Duan Lijuan, Zhang Zichen, Liu Zhaoying, Xiao Fengjin
College of Computer Science, Beijing University of Technology, Beijing, 100124, China; Chongqing Research Institute, Beijing University of Technology, Beijing, 100124, China; Beijing Key Laboratory of Trusted Computing, Beijing University of Technology, Beijing, 100124, China.
College of Computer Science, Beijing University of Technology, Beijing, 100124, China; Beijing Key Laboratory of Trusted Computing, Beijing University of Technology, Beijing, 100124, China; National Engineering Laboratory for Critical Technologies of Information Security Classified Protection, Beijing University of Technology, Beijing, 100124, China.
Neural Netw. 2025 Nov;191:107830. doi: 10.1016/j.neunet.2025.107830. Epub 2025 Jul 6.

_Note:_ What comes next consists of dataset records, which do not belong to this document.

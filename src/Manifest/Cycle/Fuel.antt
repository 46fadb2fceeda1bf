-- ===== src/Manifest/Cycle/Fuel.antt =====
-- The fuel of `visit` pays for ids that have no mark yet.
use chromifer.Base.{
  length-filter_mono, length-filter_lt, ℕ, ◌≤◌, ◌<◌, String, ◌≡◌, Bool, not, none, List, [], ◌∷◌,
  In, arith, filter, length, is_some, string_ord,
}
use chromifer.Manifest.Cycle.{Search, enter}
use chromifer.Manifest.Cycle.Invariant.{mark, mark-enter, mark-enter_self, After}

-- The ids among `ids` that have no mark
abbrev pub unmarked : Search → String → Bool
unmarked s x = not (is_some (mark s x))

pub unvisited : List String → Search → ℕ
unvisited ids s = length (filter (unmarked s) ids)

pub unvisited-After :
    (ids : List String) {s t : Search} → After s t → unvisited ids t ≤ unvisited ids s
unfolding unvisited
unvisited-After ids {s} {t} a =
    length-filter_mono (unmarked s) (unmarked t) ids
      (λ x h. ground (arith, a.active_stays x, a.complete_stays x))

pub unvisited-enter :
    (ids : List String) (id : String) (s : Search)
    → In id ids
    → mark s id ≡ none
    → unvisited ids (enter id s) < unvisited ids s
unfolding unvisited
unvisited-enter ids id s m new =
    length-filter_lt (unmarked s) (unmarked (enter id s)) ids id
      (λ x h. ground (arith, mark-enter id x s)) m (rw new) (rw (mark-enter_self id s))

pub unvisited-le-length : (ids : List String) (s : Search) → unvisited ids s ≤ length ids
unfolding unvisited
unvisited-le-length [] s = omega arith
unvisited-le-length (x ∷ ids) s = ground (arith, unvisited-le-length ids s)
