-- ===== src/Manifest/Cycle/Visit.antt =====
-- What one visit and the loop over dependencies return.
use chromifer.Base.{
  ℕ, zero, suc, ◌<◌, String, ◌≡◌, refl, sym, subst, Option, none, some, List, [], ◌∷◌, ◌++◌, inl,
  inr, In, All, arith, append_assoc, ◌==◌, string_eq, Bool-cases, eq_iff, All-of_In, All-In, length,
  ◌≢◌, string_ord,
}
use chromifer.Base.Sets.{get}
use chromifer.Manifest.Cycle.{
  Graph, Mark, active, complete, Search, Outcome, clear, found, out_of_fuel, dependencies_of,
  suffix_from, cycle_at, enter, finish, and_then, visit_all, dispatch, visit,
}
use chromifer.Manifest.Cycle.Walks.{Edge, IsChain, IsCycle, IsChain-snoc, IsChain-suffix}
use chromifer.Manifest.Cycle.Invariant.{
  mark, After, After-refl, After-trans, After-leave, Inv, enter-Inv, leave-Inv, mark-leave_self,
  mark-enter_self,
}
use chromifer.Manifest.Cycle.Fuel.{unvisited, unvisited-After, unvisited-enter, unvisited-le-length}

-- A member of the stack splits it there.
suffix_from-split :
    (id : String) (xs : List String)
    → In id xs
    → (before rest : List String) × (suffix_from id xs ≡ some (id ∷ rest))
      × (xs ≡ before ++ id ∷ rest)
unfolding suffix_from
suffix_from-split id [] m = elim m [ ]
suffix_from-split id (x ∷ xs) m = elim (Bool-cases (x == id)) [
  | inl e ↦ let q = (eq_iff x id).0 e in ([], xs, rw (e, suffix_from) (cc), cc)
  | inr e ↦ elim m [
    | inl q ↦ absurd (ground (arith, eq_iff x id))
    | inr r ↦
        let (before, rest, f, g) = suffix_from-split id xs r in
        (x ∷ before, rest, rw (e, suffix_from) f, cc)
  ]
]

module _ (graph : Graph) where
  cycle_at-IsCycle :
      (id : String) (stack : List String)
      → In id stack
      → IsChain (Edge graph) (stack ++ id ∷ [])
      → IsCycle (Edge graph) (cycle_at id stack)
  unfolding cycle_at
  cycle_at-IsCycle id stack m h =
      let (before, rest, f, g) = suffix_from-split id stack m in
      rw (f, cycle_at)
        (record {
          start = id;
          between = rest;
          shape = refl;
          chain =
              IsChain-suffix (Edge graph) before (id ∷ (rest ++ id ∷ []))
                (subst (IsChain (Edge graph)) (rw g (append_assoc before (id ∷ rest) (id ∷ []))) h);
        })

none_marked : (x : String) (m : Mark) → get {V = Mark} [] x ≢ some m
unfolding get
none_marked x m e = cc

module _ (graph : Graph) where
  -- What an outcome promises
  abbrev pub Promise : (Search → Type 0) → Outcome → Type 0
  Promise P (clear t) = P t
  Promise P (found cycle) = IsCycle (Edge graph) cycle
  Promise P out_of_fuel = ⊥

  pub record Done (ids : List String) (s t : Search) : Type 0 where
    pub inv : Inv graph t
    pub after : After s t
    pub all_complete : All (λ id. mark t id ≡ some complete) ids

  and_then-Promise :
      (P Q : Search → Type 0) (o : Outcome) (next : Search → Outcome)
      → Promise P o
      → ((t : Search) → P t → Promise Q (next t))
      → Promise Q (and_then o next)
  unfolding and_then
  and_then-Promise P Q (clear t) next h k = k t h
  and_then-Promise P Q (found cycle) next h k = h
  and_then-Promise P Q out_of_fuel next h k = h

  Promise-imp :
      (P Q : Search → Type 0) (o : Outcome) → ((t : Search) → P t → Q t) → Promise P o → Promise Q o
  Promise-imp P Q (clear t) k h = k t h
  Promise-imp P Q (found cycle) k h = h
  Promise-imp P Q out_of_fuel k h = h

  -- `ids` holds every id that the search can meet.
  module _ (ids : List String) (inside : (a b : String) → Edge graph a b → In b ids) where
    abbrev Visits : ℕ → (String → Search → Outcome) → Type 0
    Visits fuel step =
        (id : String) (s : Search)
        → Inv graph s
        → In id ids
        → unvisited ids s < fuel
        → IsChain (Edge graph) (s.stack ++ id ∷ [])
        → Promise (Done (id ∷ []) s) (step id s)

    visit_all-Promise :
        (fuel : ℕ) (step : String → Search → Outcome)
        → Visits fuel step
        → (todo : List String) (s : Search) → Inv graph s
        → All (λ d. In d ids) todo
        → unvisited ids s < fuel
        → All (λ d. IsChain (Edge graph) (s.stack ++ d ∷ [])) todo
        → Promise (Done todo s) (visit_all step todo s)
    unfolding visit_all
    visit_all-Promise fuel step visits [] s h m f c = record {
      inv = h;
      after = After-refl s;
      all_complete = tt;
    }
    visit_all-Promise fuel step visits (d ∷ todo) s h m f c =
        and_then-Promise (Done (d ∷ []) s) (Done (d ∷ todo) s) (step d s) (visit_all step todo)
          (visits d s h m.0 f c.0)
          λ t one.
            Promise-imp (Done todo t) (Done (d ∷ todo) s) (visit_all step todo t)
              (λ u rest. record {
                inv = rest.inv;
                after = After-trans one.after rest.after;
                all_complete = (rest.after.complete_stays d one.all_complete.0, rest.all_complete);
              })
              (visit_all-Promise fuel step visits todo t one.inv m.1
                (omega (arith, unvisited-After ids one.after))
                (subst (λ st. All (λ d. IsChain (Edge graph) (st ++ d ∷ [])) todo)
                  (sym one.after.stack) c.1))

    finish-Promise :
        (id : String) (s : Search) (o : Outcome)
        → mark s id ≡ none
        → Promise (Done (dependencies_of graph id) (enter id s)) o
        → Promise (Done (id ∷ []) s) (finish id o)
    unfolding finish enter
    finish-Promise id s (clear t) new h = record {
      inv =
          leave-Inv graph id s.stack t h.after.stack
            (h.after.active_stays id (mark-enter_self id s))
            (λ d m.
              All-In (λ d. mark t d ≡ some complete) (dependencies_of graph id) d h.all_complete m)
            h.inv;
      after = After-leave id s t new h.after;
      all_complete = (mark-leave_self id t, tt);
    }
    finish-Promise id s (found cycle) new h = h
    finish-Promise id s out_of_fuel new h = h

    dispatch-Promise :
        (o : Option Mark) (id : String) (s : Search) (explore : Search → Outcome)
        → mark s id ≡ o
        → Inv graph s
        → IsChain (Edge graph) (s.stack ++ id ∷ [])
        → (o ≡ none → Promise (Done (id ∷ []) s) (explore s))
        → Promise (Done (id ∷ []) s) (dispatch o id s explore)
    unfolding dispatch
    dispatch-Promise none id s explore e h c new = new refl
    dispatch-Promise (some active) id s explore e h c new =
        cycle_at-IsCycle graph id s.stack (h.on_stack id e) c
    dispatch-Promise (some complete) id s explore e h c new = record {
      inv = h;
      after = After-refl s;
      all_complete = (e, tt);
    }

    -- A visit of a known id, from a chain that leads to it and with fuel for the unmarked ids,
    -- returns: a cycle of the graph, or a state in which the id is complete.
    pub visit-Promise : (fuel : ℕ) → Visits fuel (visit graph fuel)
    unfolding visit enter
    visit-Promise zero id s h m f c = elim f [ ]
    visit-Promise (suc fuel) id s h m f c = dispatch-Promise (mark s id) id s _ refl h c λ new.
        finish-Promise id s _ new (
          visit_all-Promise fuel (visit graph fuel) (visit-Promise fuel) (dependencies_of graph id)
            (enter id s) (enter-Inv graph id s new h)
            (All-of_In (λ d. In d ids) _ (λ d e. inside id d e))
            (omega (arith, unvisited-enter ids id s m new))
            (All-of_In (λ d. IsChain (Edge graph) ((s.stack ++ id ∷ []) ++ d ∷ [])) _
              (λ d e. IsChain-snoc (Edge graph) s.stack id d c e)))

    -- The same for the loop over the modules, from the empty state
    pub visit_all_start :
        (fuel : ℕ) (todo : List String)
        → All (λ d. In d ids) todo
        → length ids < fuel
        → let start : Search = record { states = []; stack = [] } in
          Promise (Done todo start) (visit_all (visit graph fuel) todo start)
    visit_all_start fuel todo known f =
        let start : Search = record { states = []; stack = [] } in
        visit_all-Promise fuel (visit graph fuel) (visit-Promise fuel) todo start start_inv known
          (omega (arith, unvisited-le-length ids start)) (All-of_In _ todo (λ d m. tt))
      where
        start_inv : Inv graph (record { states = []; stack = [] })
        start_inv = record {
          on_stack = λ x e. absurd (none_marked x active e);
          closed = λ x y e m. absurd (none_marked x complete e);
          acyclic = λ x e. absurd (none_marked x complete e);
        }
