-- ===== src/Manifest/Cycle/Laws.antt =====
-- What `find_cycle` decides: a result is a cycle, and without a result there is none.
use chromifer.Base.{
  ◌≢◌, suc, String, ◌≡◌, ◌↔◌, ap, refl, subst, none, some, List, [], ◌∷◌, In, In-map, inl, inr, ◌⊎◌,
  All-In, All-of_In, NoRepeat, arith, length, string_ord,
}
use chromifer.Base.Sets.{get}
use chromifer.Manifest.Data.{ids_of_modules, Module}
use chromifer.Manifest.Cycle.{
  Graph, Search, Outcome, clear, found, out_of_fuel, build_graph, run_search, reported, find_cycle,
  complete,
}
use chromifer.Manifest.Cycle.Walks.{
  Edge, Walk, one, more, IsCycle, Walk-of_IsCycle, Walk-imp, IsChain-imp,
}
use chromifer.Manifest.Cycle.Visit.{Promise, Done, visit_all_start}
use chromifer.Manifest.Cycle.Edges.{DependsOn, Edge→DependsOn, DependsOn→Edge}

length-ids_of_modules : (modules : List Module) → length (ids_of_modules modules) ≡ length modules
length-ids_of_modules [] = refl
length-ids_of_modules (m ∷ modules) = ap suc (length-ids_of_modules modules)

find_cycle_lem :
    (modules : List Module) (known : List String)
    → find_cycle modules known ≡ reported (run_search modules known)
unfolding find_cycle
find_cycle_lem modules known = refl

-- `known` holds the ids of the modules.
abbrev pub IsIdSet : List Module → List String → Type 0
IsIdSet modules known = (a : String) → In a known ↔ In a (ids_of_modules modules)

module _ (modules : List Module) (known : List String) (ids : IsIdSet modules known)
    (u : NoRepeat (ids_of_modules modules)) where
  abbrev pub graph : Graph
  graph = build_graph known modules

  inside : (a b : String) → Edge graph a b → In b (ids_of_modules modules)
  inside a b e = (ids b).0 (Edge→DependsOn known modules a b u e).1

  run_search-Promise :
      Promise graph
        (Done graph (ids_of_modules modules) (record { states = []; stack = [] }))
        (run_search modules known)
  unfolding run_search
  run_search-Promise =
      visit_all_start graph (ids_of_modules modules) inside (suc (length modules))
        (ids_of_modules modules)
        (All-of_In (λ d. In d (ids_of_modules modules)) (ids_of_modules modules) (λ d m. m))
        (omega (arith, length-ids_of_modules modules))

  -- For modules with distinct ids, all of them known, the search for a cycle does not run out of
  -- its fuel.
  pub run_search-total : run_search modules known ≢ out_of_fuel
  run_search-total e =
      subst
        (Promise graph (Done graph (ids_of_modules modules) (record { states = []; stack = [] }))) e
        run_search-Promise

  no-Walk :
      (s t : Search)
      → Done graph (ids_of_modules modules) s t
      → (a : String) → ¬ Walk (Edge graph) a a
  no-Walk s t d a w =
      d.inv.acyclic a
        (All-In (λ x. get t.states x ≡ some complete) (ids_of_modules modules) a d.all_complete
          (target w))
        w
    where
      target : {x y : String} → Walk (Edge graph) x y → In y (ids_of_modules modules)
      target (one e) = inside _ _ e
      target (more e w) = target w

  find_cycle-of_clear :
      (t : Search) → run_search modules known ≡ clear t → find_cycle modules known ≡ none
  find_cycle-of_clear t e = unfold reported in rw (find_cycle_lem modules known, e)

  find_cycle-of_found :
      (cycle : List String)
      → run_search modules known ≡ found cycle
      → find_cycle modules known ≡ some cycle
  find_cycle-of_found cycle e = unfold reported in rw (find_cycle_lem modules known, e)

  source_known : {b : String} (a : String) → DependsOn modules a b → In a known
  source_known a d =
      (ids a).1 (rw d.named (In-map (λ (m : Module). m.id) modules d.dependent d.listed))

  start_known : {a b : String} → Walk (DependsOn modules) a b → In a known
  start_known (one d) = source_known _ d
  start_known (more d w) = source_known _ d

  from_graph : {a b : String} → Walk (Edge graph) a b → Walk (DependsOn modules) a b
  from_graph (one e) = one (Edge→DependsOn known modules _ _ u e).0
  from_graph (more e w) = more (Edge→DependsOn known modules _ _ u e).0 (from_graph w)

  run_search-cases :
      (o : Outcome)
      → run_search modules known ≡ o
      → Promise graph (Done graph (ids_of_modules modules) (record { states = []; stack = [] })) o
      → ((find_cycle modules known ≡ none) × ((a : String) → ¬ Walk (Edge graph) a a))
        ⊎ ((cycle : List String) × (find_cycle modules known ≡ some cycle)
            × IsCycle (Edge graph) cycle)
  run_search-cases (clear t) e h = inl (find_cycle-of_clear t e, no-Walk _ t h)
  run_search-cases (found cycle) e h = inr (cycle, find_cycle-of_found cycle e, h)
  run_search-cases out_of_fuel e h = elim h [ ]

  decided :
      ((find_cycle modules known ≡ none) × ((a : String) → ¬ Walk (Edge graph) a a))
      ⊎ ((cycle : List String) × (find_cycle modules known ≡ some cycle)
          × IsCycle (Edge graph) cycle)
  decided = run_search-cases (run_search modules known) refl run_search-Promise

  Walk-graph : {a b : String} → In b known → Walk (DependsOn modules) a b → Walk (Edge graph) a b
  Walk-graph =
      Walk-imp (DependsOn modules) (Edge graph) (λ a. In a known) (λ a b d. source_known a d)
        (λ a b d k. DependsOn→Edge known modules a b u d k)

  -- For modules with distinct ids, all of them known, no cycle is reported exactly when no module
  -- depends on itself through others.
  pub find_cycle-eq-none :
      (find_cycle modules known ≡ none) ↔ ((a : String) → ¬ Walk (DependsOn modules) a a)
  find_cycle-eq-none = elim decided [
    | inl (e, acyclic) ↦ (λ _ a w. acyclic a (Walk-graph (start_known w) w), λ _. e)
    | inr (cycle, e, c) ↦ (
      λ n. cc,
      λ acyclic.
          let (a, w) = Walk-of_IsCycle (Edge graph) cycle c in absurd (acyclic a (from_graph w)),
    )
  ]

  -- For modules with distinct ids, all of them known, a reported cycle is one: each id depends on
  -- the next, and the last is the first.
  pub find_cycle-IsCycle :
      (cycle : List String)
      → find_cycle modules known ≡ some cycle
      → IsCycle (DependsOn modules) cycle
  find_cycle-IsCycle cycle e = elim decided [
    | inl (n, _) ↦ cc
    | inr (other, k, c) ↦
        let same : other ≡ cycle = cc in
        subst (IsCycle (DependsOn modules)) same (record {
          start = c.start;
          between = c.between;
          shape = c.shape;
          chain =
              IsChain-imp (Edge graph) (DependsOn modules) other
                (λ a b e. (Edge→DependsOn known modules a b u e).0) c.chain;
        })
  ]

Object detection in remote sensing images (RSIs) is facilitated by oriented bounding boxes, yet rotated boxes (RBoxes) are typically more labor-intensive than horizontal boxes (HBoxes). Consequently, there is a tendency in most research to explore HBox-based weakly-supervised detectors with self-supervised constraints on spatial transformations. However, such weakly-supervised networks for HBoxes tend to focus on the most discriminative parts of objects, which can adversely affect the network's location accuracy. Moreover, spatial transformations introduce an ambiguity between RBoxes and HBoxes in the regression loss, detrimentally affecting the network's ability to accurately distinguish closely situated objects at the same angle. To overcome these challenges, we propose a weakly-supervised detector named knowledge-based dropblock and unified regression network (KDUNet). This network aims to learn high-quality feature information and compensate for the disparity between HBoxes and RBoxes. Initially, we use long-distance background information with diverse channel input to intentionally conceal the most distinguishable parts, thus emphasizing the entire object. Furthermore, we have developed a clear bounding box distance measure that unifies RBoxes and HBoxes through a circumscribed rectangle with a transformation angle to assess their Gaussian distance. Extensive experiments demonstrate that KDUNet is capable of learning high-quality feature information and reducing the impact of ambiguity. Experimental results on the DIOR and HRSC datasets confirm that our network surpasses six fully-supervised networks, achieving 57.8 % and 90.1 % mean Average Precision (mAP) respectively.
遥感图像(RSIs)中的目标检测可通过定向边界框来实现,然而旋转框(RBoxes)通常比水平框(HBoxes)更耗费人力。因此,在大多数研究中,倾向于探索基于HBox的弱监督检测器,并对空间变换施加自监督约束。然而,这种针对HBox的弱监督网络往往聚焦于目标中最具判别力的部分,这可能会对网络的定位精度产生不利影响。此外,空间变换在回归损失中引入了RBoxes和HBoxes之间的模糊性,对网络准确区分处于相同角度的近距离目标的能力产生不利影响。为了克服这些挑战,我们提出了一种名为基于知识的丢弃块和统一回归网络(KDUNet)的弱监督检测器。该网络旨在学习高质量的特征信息,并弥补HBoxes和RBoxes之间的差异。首先,我们使用具有多样通道输入的远距离背景信息来有意隐藏最具辨识度的部分,从而强调整个目标。此外,我们开发了一种清晰的边界框距离度量方法,通过一个具有变换角度的外接矩形将RBoxes和HBoxes统一起来,以评估它们的高斯距离。大量实验表明,KDUNet能够学习高质量的特征信息并减少模糊性的影响。在DIOR和HRSC数据集上的实验结果证实,我们的网络超过了六个全监督网络,分别实现了57.8%和90.1%的平均精度均值(mAP)。